Another false positive (“08-14 Digest”) was a mailing list message containing a PDF file. The PDF contained some words that had previously appeared only in PDFs attached to spam messages. This type of problem can be avoided if you use a representative mix of your good and spam messages in the initial training.

mtgentry · April 13, 2008, 10:26pm

Thanks for the email support Micheal, resetting the corpus did the trick

joeflyer59 · April 27, 2008, 1:28pm

New Breed of Spam?
My filter has been letting in a horrendous amount of spam over the last few months as well. I’ve lurked around the forums here a bit and learned alot. I’ve reset the corpus (because I had way too many messages for it to train with) and while that helped a bit, it didn’t help for the most part.

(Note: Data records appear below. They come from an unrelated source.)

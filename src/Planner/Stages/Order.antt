-- ===== src/Planner/Stages/Order.antt =====
-- The stages of src/voodoo_skillset/dag.py: the loop ends, no dependency stays unmet, every selected
-- capability has its place, and nothing runs before what it depends on.
use voodoo_skillset.Prelude.{
  ℕ, zero, suc, String, Bool, true, false, not, ◌&&◌, ◌||◌, List, [], ◌∷◌, ◌++◌, ◌≡◌, inl, inr,
  refl, sym, ap, ◌∙◌, arith, ◌≤◌, ◌<◌, length, is_empty, all_of, keep, contains, eq_refl, leb,
  Bool-cases, if◌then◌else◌,
}
use voodoo_skillset.Prelude.Members.{
  distinct, sorted, contains-append, contains-keep, contains-sorted, contains-distinct,
  all_of-member, all_of_members, IsDistinct, IsDistinct-keep, sorted-IsDistinct,
  distinct-IsDistinct, append-IsDistinct, length-keep_less,
}
use voodoo_skillset.Planner.Stages.{
  dependency_rules, late_exclusions, is_late, deps, stages, cycle, then_stages, ready_of, loop,
  compose_stages, flat,
}
use voodoo_skillset.Planner.Stages.Ranks.{rank, rank_equal, rules_rank, late_rank}

pub contains-deps :
    (selected : List String) (x d : String)
    → contains d (deps selected x) ≡ (
        contains d selected
        && (contains d (dependency_rules x) || (is_late x && not (contains d (late_exclusions x)))))
unfolding deps
contains-deps selected x d = ground (
  arith,
  contains-keep (λ y. contains y (dependency_rules x)) d selected,
  contains-keep (λ y. not (contains y (late_exclusions x))) d selected,
  contains-append d (keep (λ y. contains y (dependency_rules x)) selected)
      (if is_late x then keep (λ y. not (contains y (late_exclusions x))) selected else []),
)

-- A dependency is selected and can come earlier.
deps_earlier :
    (selected : List String) (x d : String)
    → contains d (deps selected x) ≡ true
    → (contains d selected ≡ true) × (rank d < rank x)
deps_earlier selected x d h =
    let both = sym (contains-deps selected x d) ∙ h in
    (ground (arith, both), ground (arith, both, rules_rank x d, late_rank x d))

-- Of some texts, one that can come as early as any.
earliest :
    (x : String) (xs : List String)
    → (m : String) × (contains m (x ∷ xs) ≡ true)
      × ((y : String) → contains y (x ∷ xs) ≡ true → rank m ≤ rank y)
earliest x [] = (x, ground (arith, eq_refl x), λ y h. ground (arith, rank_equal x y))
earliest x (y ∷ ys) =
    let (m, inside, least) = earliest y ys in
    elim (Bool-cases (leb (rank x) (rank m))) [
      | inl first ↦ (x, ground (arith, eq_refl x), λ z h. ground (arith, rank_equal x z, least z))
      | inr second ↦ (m, ground arith, λ z h. ground (arith, rank_equal x z, least z))
    ]

is_empty-contains : (t : String) (us : List String) → contains t us ≡ true → is_empty us ≡ false
is_empty-contains t [] h = absurd (ground arith)
is_empty-contains t (u ∷ us) h = refl

pub contains-ready_of :
    (selected remaining completed : List String) (t : String)
    → contains t (ready_of selected remaining completed)
      ≡ (contains t remaining && all_of (λ d. contains d completed) (deps selected t))
unfolding ready_of
contains-ready_of selected remaining completed t =
    contains-sorted t _
    ∙ contains-keep (λ x. all_of (λ d. contains d completed) (deps selected x)) t remaining

-- Every selected capability remains or is completed.
abbrev Covers : List String → List String → List String → Type 0
Covers selected remaining completed =
    (d : String)
    → contains d selected ≡ true
    → (contains d remaining || contains d completed) ≡ true

-- A round is never stuck: what depends on nothing that remains is ready, such as the earliest.
ready_found :
    (selected : List String) (x : String) (xs completed : List String)
    → Covers selected (x ∷ xs) completed
    → is_empty (ready_of selected (x ∷ xs) completed) ≡ false
ready_found selected x xs completed cover =
    let (m, inside, least) = earliest x xs in
    let met : all_of (λ d. contains d completed) (deps selected m) ≡ true =
      all_of_members (λ d. contains d completed) (deps selected m)
        (λ d h.
          let (chosen, lower) = deps_earlier selected m d h in
          completed_one (contains d (x ∷ xs)) (contains d completed) (cover d chosen)
            (λ q. absurd (omega (arith, least d q)))) in
    is_empty-contains m (ready_of selected (x ∷ xs) completed)
      (contains-ready_of selected (x ∷ xs) completed m ∙ ground (arith, inside, met))
  where
    completed_one : (a b : Bool) → (a || b) ≡ true → (a ≡ true → ⊥) → b ≡ true
    completed_one a b h n = ground arith

-- Each stage has somebody in it, and whoever is in it depends only on earlier stages.
abbrev pub IsOrdered : List String → List String → List (List String) → Type 0
IsOrdered selected completed [] = Unit
IsOrdered selected completed (st ∷ sts) =
    (is_empty st ≡ false)
    × ((x d : String)
        → contains x st ≡ true
        → contains d (deps selected x) ≡ true
        → contains d completed ≡ true)
    × IsOrdered selected (completed ++ st) sts

-- The stages that a loop has left to make.
record Composed (selected : List String) (fuel : ℕ) (remaining completed : List String)
    : Type 0 where
  made : List (List String)
  loop_makes : loop selected fuel remaining completed ≡ stages made
  ordered : IsOrdered selected completed made
  same_members : (t : String) → contains t (flat made) ≡ contains t remaining
  no_repetition : IsDistinct (flat made)

abbrev unready : List String → List String → List String
unready ready remaining = keep (λ y. not (contains y ready)) remaining

Covers-step :
    (selected remaining completed ready : List String)
    → Covers selected remaining completed
    → Covers selected (unready ready remaining) (completed ++ ready)
Covers-step selected remaining completed ready cover d h = ground (
  arith,
  cover d h,
  contains-keep (λ y. not (contains y ready)) d remaining,
  contains-append d completed ready,
)

-- Who is ready was remaining, so that fewer remain.
unready_shorter :
    (ready remaining : List String)
    → ((t : String) → contains t ready ≡ true → contains t remaining ≡ true)
    → is_empty ready ≡ false
    → length (unready ready remaining) < length remaining
unready_shorter [] remaining inside h = absurd (ground arith)
unready_shorter (r ∷ rs) remaining inside h =
    let first : contains r (r ∷ rs) ≡ true = ground (arith, eq_refl r) in
    length-keep_less (λ y. not (contains y (r ∷ rs))) remaining r (inside r first) (ap not first)

ready_inside :
    (selected remaining completed : List String) (t : String)
    → contains t (ready_of selected remaining completed) ≡ true
    → contains t remaining ≡ true
ready_inside selected remaining completed t h =
    ground (arith, sym (contains-ready_of selected remaining completed t) ∙ h)

ready_met :
    (selected remaining completed : List String) (x d : String)
    → contains x (ready_of selected remaining completed) ≡ true
    → contains d (deps selected x) ≡ true
    → contains d completed ≡ true
ready_met selected remaining completed x d h m =
    let both = sym (contains-ready_of selected remaining completed x) ∙ h in
    all_of-member (λ y. contains y completed) (deps selected x) d (ground (arith, both)) m

ready_once :
    (selected remaining completed : List String)
    → IsDistinct remaining
    → IsDistinct (ready_of selected remaining completed)
unfolding ready_of
ready_once selected remaining completed h =
    sorted-IsDistinct _
      (IsDistinct-keep (λ x. all_of (λ d. contains d completed) (deps selected x)) remaining h)

next_stages :
    (selected : List String) (fuel : ℕ) (ready remaining completed : List String)
    (made : List (List String))
    → is_empty ready ≡ false
    → loop selected fuel (unready ready remaining) (completed ++ ready) ≡ stages made
    → (if is_empty ready
        then cycle (sorted remaining)
        else then_stages ready (loop selected fuel (unready ready remaining) (completed ++ ready)))
      ≡ stages (ready ∷ made)
next_stages selected fuel ready remaining completed made found e = rw (found, e) refl

together :
    (t : String) (ready remaining : List String) (made : List (List String))
    → (contains t ready ≡ true → contains t remaining ≡ true)
    → contains t (flat made) ≡ contains t (unready ready remaining)
    → contains t (ready ++ flat made) ≡ contains t remaining
together t ready remaining made inside e = ground (
  arith,
  inside,
  e,
  contains-append t ready (flat made),
  contains-keep (λ y. not (contains y ready)) t remaining,
)

apart :
    (t : String) (ready remaining : List String) (made : List (List String))
    → contains t (flat made) ≡ contains t (unready ready remaining)
    → contains t ready ≡ true
    → contains t (flat made) ≡ false
apart t ready remaining made e h =
    ground (arith, e, contains-keep (λ y. not (contains y ready)) t remaining)

loop-Composed :
    (selected : List String) (fuel : ℕ) (remaining completed : List String)
    → length remaining ≤ fuel
    → IsDistinct remaining
    → Covers selected remaining completed
    → Composed selected fuel remaining completed
unfolding loop
loop-Composed selected fuel [] completed enough once cover = record {
  made = [];
  loop_makes = refl;
  ordered = tt;
  same_members = λ t. refl;
  no_repetition = tt;
}
loop-Composed selected zero (x ∷ xs) completed enough once cover = absurd (omega arith)
loop-Composed selected (suc fuel) (x ∷ xs) completed enough once cover =
    let ready = ready_of selected (x ∷ xs) completed in
    let found = ready_found selected x xs completed cover in
    let inside : (t : String) → contains t ready ≡ true → contains t (x ∷ xs) ≡ true =
      λ t h. ready_inside selected (x ∷ xs) completed t h in
    let rest =
      loop-Composed selected fuel (unready ready (x ∷ xs)) (completed ++ ready)
        (omega (arith, unready_shorter ready (x ∷ xs) inside found))
        (IsDistinct-keep (λ y. not (contains y ready)) (x ∷ xs) once)
        (Covers-step selected (x ∷ xs) completed ready cover) in
    record {
      made = ready ∷ rest.made;
      loop_makes =
          next_stages selected fuel ready (x ∷ xs) completed rest.made found rest.loop_makes;
      ordered = (found, ready_met selected (x ∷ xs) completed, rest.ordered);
      same_members = λ t. together t ready (x ∷ xs) rest.made (inside t) (rest.same_members t);
      no_repetition =
          append-IsDistinct ready (flat rest.made) (ready_once selected (x ∷ xs) completed once)
            rest.no_repetition (λ t h. apart t ready (x ∷ xs) rest.made (rest.same_members t) h);
    }

-- For any selection the loop ends, with all its fuel used at most, and no dependency stays unmet: the
-- stages hold what is selected, each once, none of them is empty, and what stands in a stage depends
-- only on earlier stages.
pub compose_stages_returns :
    (ids : List String)
    → (sts : List (List String)) × (compose_stages ids ≡ stages sts)
      × IsOrdered (distinct ids) [] sts
      × ((t : String) → contains t (flat sts) ≡ contains t ids)
      × IsDistinct (flat sts)
unfolding compose_stages
compose_stages_returns ids =
    let selected = distinct ids in
    let c =
      loop-Composed selected (length selected) selected [] (omega arith) (distinct-IsDistinct ids)
        (λ d h. ground arith) in
    (
      c.made,
      c.loop_makes,
      c.ordered,
      λ t. c.same_members t ∙ contains-distinct t ids,
      c.no_repetition,
    )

One thing I’ve noticed is that there is mainly ONE type of spam message that gets through - it catches everything else. It comes with a ton of different types of content and from a ton of different senders - but it’s basically one line of text and a url link. no images, nothing major. Obviously - there must be something under the “hood” of these emails which does not allow them to be trained properly and stumps the filter.

anyone else?

joey b

Michael_Tsai · April 27, 2008, 2:07pm

What does SpamSieve’s log say about those?

joeflyer59 · April 27, 2008, 6:21pm

log entries
Here’s the log for 3 messages.

Michael_Tsai · April 28, 2008, 6:47am

Please e-mail me the whole log file and the false negative files.

Michael_Tsai · April 30, 2008, 6:37am

Thanks for sending the whole log. It doesn’t look like you’ve trained SpamSieve with any spam messages since April 23. So, whenever a spam message gets through, SpamSieve thinks it was correct that the message was good, and this leads to more getting through.

joeflyer59 · April 30, 2008, 6:49am

Thanks for checking it out Michael!

April 23 wasn’t that long ago. I’ve trained a ton of these type of messages and kinda gave up hope since then. I don’t want my corpus to get so huge that it becomes totally ineffective again. But this spam has been slipping through for awhile. ANy other clues?

joey b

Michael_Tsai · April 30, 2008, 7:17am

It’s essential that you train as spam every spam message that gets through. Otherwise, SpamSieve will think that they’re good. Since you haven’t been doing that recently, you’ll need to reset the corpus and start over. For best results, re-train it with some recent messages that are representative of the types you are currently receiving.

I did see some interesting stuff in the log file, and I’ll be making improvements in the next version of SpamSieve.